### Dataset entries
•••
-- ===== src/Scope/Delta.antt =====
-- `applyDelta` of src/core/planes/scopeIndex.ts: the members that it leaves, by its fast path and by
-- its merge.
use react_native_dblayer.Base.{◌≡◌, ◌&&◌, ◌||◌, not, Option, some, List, if◌then◌else◌}
use react_native_dblayer.Base.Str.{Str, str_eq}
use react_native_dblayer.Base.StrSet
use react_native_dblayer.Base.StrSet.{StrSet}
use react_native_dblayer.Base.StrMap
use react_native_dblayer.Scope.Entry.{ScopeEntry, has_id}
use react_native_dblayer.Scope.State.{State}
use react_native_dblayer.Scope.Methods.{has_member}
use react_native_dblayer.Scope.Indexed.{IsCoherent}

-- What a delta under a key leaves: the maps in step, the appended ids and the ids there were
-- without the detached ones as members of its scope, and every other scope as it was.
abbrev pub Applies : Str → List ScopeEntry → List Str → State → Option State → Type 0
Applies key append removal s result =
    (s' : State) × (result ≡ some s')
    × IsCoherent s'
    × ((k id : Str)
        → has_member k id s' ≡ (
            if str_eq key k
            then has_id id append || (has_member key id s && not (StrSet.has id removal))
            else has_member k id s))
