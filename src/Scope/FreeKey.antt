-- ===== src/Scope/FreeKey.antt =====
-- The loop of `reconcileNext` that steers a generated key around the keys taken.
use react_native_dblayer.Base.{
  ℕ, zero, suc, ◌≤◌, ◌<◌, ◌≡◌, refl, true, false, not, Option, none, some, List, [], ◌∷◌, arith,
  keep, length, Bool, leb, every, subst, Bool-cases, inl, inr,
}
use react_native_dblayer.Base.Str.{Str, str_eq, str_eq_iff, str_lt, str_lt_irrefl, str_lt_trans}
use react_native_dblayer.Base.StrSet
use react_native_dblayer.Base.StrSet.{StrSet}
use react_native_dblayer.OrderKey.{is_order_key, max_sequence_key_length, characters}
use react_native_dblayer.OrderKey.Between.{IsBound, AreOrdered, IsBelow}
use react_native_dblayer.OrderKey.Sequence.{keys_for_sequence}
use react_native_dblayer.OrderKey.Sequence.Even.{Ascends}
use react_native_dblayer.OrderKey.Sequence.Ascending.{keys_for_sequence-Ascends}
use react_native_dblayer.Scope.Placement.{free_key, next_key}

-- The keys taken that are not below a key.
abbrev count_from : Str → StrSet → ℕ
count_from key taken = length (keep (λ k. not (str_lt k key)) taken)

count_from_mono :
    (key next : Str) (taken : StrSet)
    → str_lt key next ≡ true
    → count_from next taken ≤ count_from key taken
unfolding keep
count_from_mono key next [] h = omega arith
count_from_mono key next (k ∷ taken) h =
    ground (arith, count_from_mono key next taken h, str_lt_trans k key next)

count_from-drops :
    (key next : Str) (taken : StrSet)
    → str_lt key next ≡ true
    → StrSet.has key taken ≡ true
    → count_from next taken < count_from key taken
unfolding keep StrSet.has
count_from-drops key next [] h m = cc
count_from-drops key next (k ∷ taken) h m = elim (Bool-cases (str_eq k key)) [
  | inl same ↦
      let is_key : k ≡ key = (str_eq_iff k key).0 same in
      let under : str_lt k next ≡ true = rw is_key h in
      let at : str_lt k key ≡ false = rw is_key (str_lt_irrefl key) in
      ground (arith, count_from_mono key next taken h)
  | inr other ↦ ground (arith, count_from-drops key next taken h, str_lt_trans k key next)
]

count_from-bound : (key : Str) (taken : StrSet) → count_from key taken ≤ length taken
unfolding keep
count_from-bound key [] = omega arith
count_from-bound key (k ∷ taken) = ground (arith, count_from-bound key taken)

-- A key that the loop ends on: free, valid, not below the one it began with and below the bound.
abbrev pub IsFree : StrSet → Str → Option Str → Option Str → Type 0
IsFree taken key upper found =
    (k : Str) × (found ≡ some k)
    × (StrSet.has k taken ≡ false)
    × (is_order_key k ≡ true)
    × (str_lt k key ≡ false)
    × AreOrdered (some k) upper

AreOrdered-of_below : (k : Str) (upper : Option Str) → IsBelow k upper → AreOrdered (some k) upper
AreOrdered-of_below k none h = tt
AreOrdered-of_below k (some u) h = h

-- A key whose number a double holds exactly.
abbrev pub is_short : Str → Bool
is_short key = leb (length key) max_sequence_key_length

every-has :
    (key : Str) (taken : StrSet)
    → every is_short taken ≡ true
    → StrSet.has key taken ≡ true
    → is_short key ≡ true
unfolding every StrSet.has
every-has key [] h m = cc
every-has key (k ∷ taken) h m = elim (Bool-cases (str_eq k key)) [
  | inl same ↦ subst (λ x. is_short x ≡ true) ((str_eq_iff k key).0 same) (ground arith)
  | inr other ↦ ground (arith, every-has key taken)
]

abbrev NextKey : Str → Option Str → Option Str → Type 0
NextKey key upper found =
    (k : Str) × (found ≡ some k)
    × (is_order_key k ≡ true)
    × (str_lt key k ≡ true)
    × AreOrdered (some k) upper

next_key-of_keys :
    (key : Str) (upper : Option Str) (keys : List Str)
    → keys_for_sequence 1 (some key) upper ≡ some keys
    → length keys ≡ 1
    → Ascends (some key) keys upper
    → NextKey key upper (next_key key upper)
unfolding next_key
next_key-of_keys key upper [] e size up = absurd (omega arith)
next_key-of_keys key upper (k ∷ keys) e size (valid, above, below, more) =
    (k, rw (e, next_key) refl, valid, above, AreOrdered-of_below k upper below)

next_key-NextKey :
    (key : Str) (upper : Option Str)
    → is_order_key key ≡ true
    → IsBound upper
    → AreOrdered (some key) upper
    → is_short key ≡ true
    → length (characters upper) ≤ max_sequence_key_length
    → NextKey key upper (next_key key upper)
next_key-NextKey key upper h hu o short below =
    let (keys, e, size, up) =
      keys_for_sequence-Ascends 1 (some key) upper h hu o (ground arith) below in
    next_key-of_keys key upper keys e size up

not_below : (a b c : Str) → str_lt c b ≡ false → str_lt a b ≡ true → str_lt c a ≡ false
not_below a b c h k = ground (arith, str_lt_trans c a b)

some_from :
    (key : Str) (taken : StrSet) → StrSet.has key taken ≡ true → count_from key taken ≤ 0 → ⊥
unfolding keep StrSet.has
some_from key [] m few = absurd (ground arith)
some_from key (k ∷ taken) m few =
    ground (arith, some_from key taken, str_eq_iff k key, str_lt_irrefl key)

free_key-enough :
    (fuel : ℕ) (taken : StrSet) (key : Str) (upper : Option Str)
    → count_from key taken ≤ fuel
    → is_order_key key ≡ true
    → IsBound upper
    → AreOrdered (some key) upper
    → every is_short taken ≡ true
    → length (characters upper) ≤ max_sequence_key_length
    → IsFree taken key upper (free_key fuel taken key upper)
unfolding free_key
free_key-enough zero taken key upper few h hu o short below =
    elim (Bool-cases (StrSet.has key taken)) [
      | inr free ↦ (key, rw (free, free_key) refl, free, h, str_lt_irrefl key, o)
      | inl stuck ↦ absurd (some_from key taken stuck few)
    ]
free_key-enough (suc fuel) taken key upper few h hu o short below =
    elim (Bool-cases (StrSet.has key taken)) [
      | inr free ↦ (key, rw (free, free_key) refl, free, h, str_lt_irrefl key, o)
      | inl stuck ↦
          let (next, e, valid, above, under) =
            next_key-NextKey key upper h hu o (every-has key taken short stuck) below in
          let fewer : count_from next taken ≤ fuel =
            omega (arith, count_from-drops key next taken above stuck) in
          let (k, found, free, good, least, under_bound) =
            free_key-enough fuel taken next upper fewer valid hu under short below in
          (
            k,
            rw (stuck, free_key) (rw (e, free_key) found),
            free,
            good,
            not_below key next k least above,
            under_bound,
          )
    ]

-- From a valid key below its bound (absent or a valid key), where the bound and the keys taken have
-- up to 8 characters, and with one unit of fuel more than there are keys taken, the loop ends on a key that is not taken, valid, not below the one it
-- began with, and below the bound.
pub free_key-IsFree :
    (taken : StrSet) (key : Str) (upper : Option Str)
    → is_order_key key ≡ true
    → IsBound upper
    → AreOrdered (some key) upper
    → every is_short taken ≡ true
    → length (characters upper) ≤ max_sequence_key_length
    → IsFree taken key upper (free_key (suc (length taken)) taken key upper)
free_key-IsFree taken key upper h hu o short below =
    free_key-enough (suc (length taken)) taken key upper (omega (arith, count_from-bound key taken))
      h hu o short below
•••
Please copy out each line of the data in which the word "List" occurs.

### Output of the task
use react_native_dblayer.Base.{◌≡◌, ◌&&◌, ◌||◌, not, Option, some, List, if◌then◌else◌}
abbrev pub Applies : Str → List ScopeEntry → List Str → State → Option State → Type 0
  ℕ, zero, suc, ◌≤◌, ◌<◌, ◌≡◌, refl, true, false, not, Option, none, some, List, [], ◌∷◌, arith,
    (key : Str) (upper : Option Str) (keys : List Str)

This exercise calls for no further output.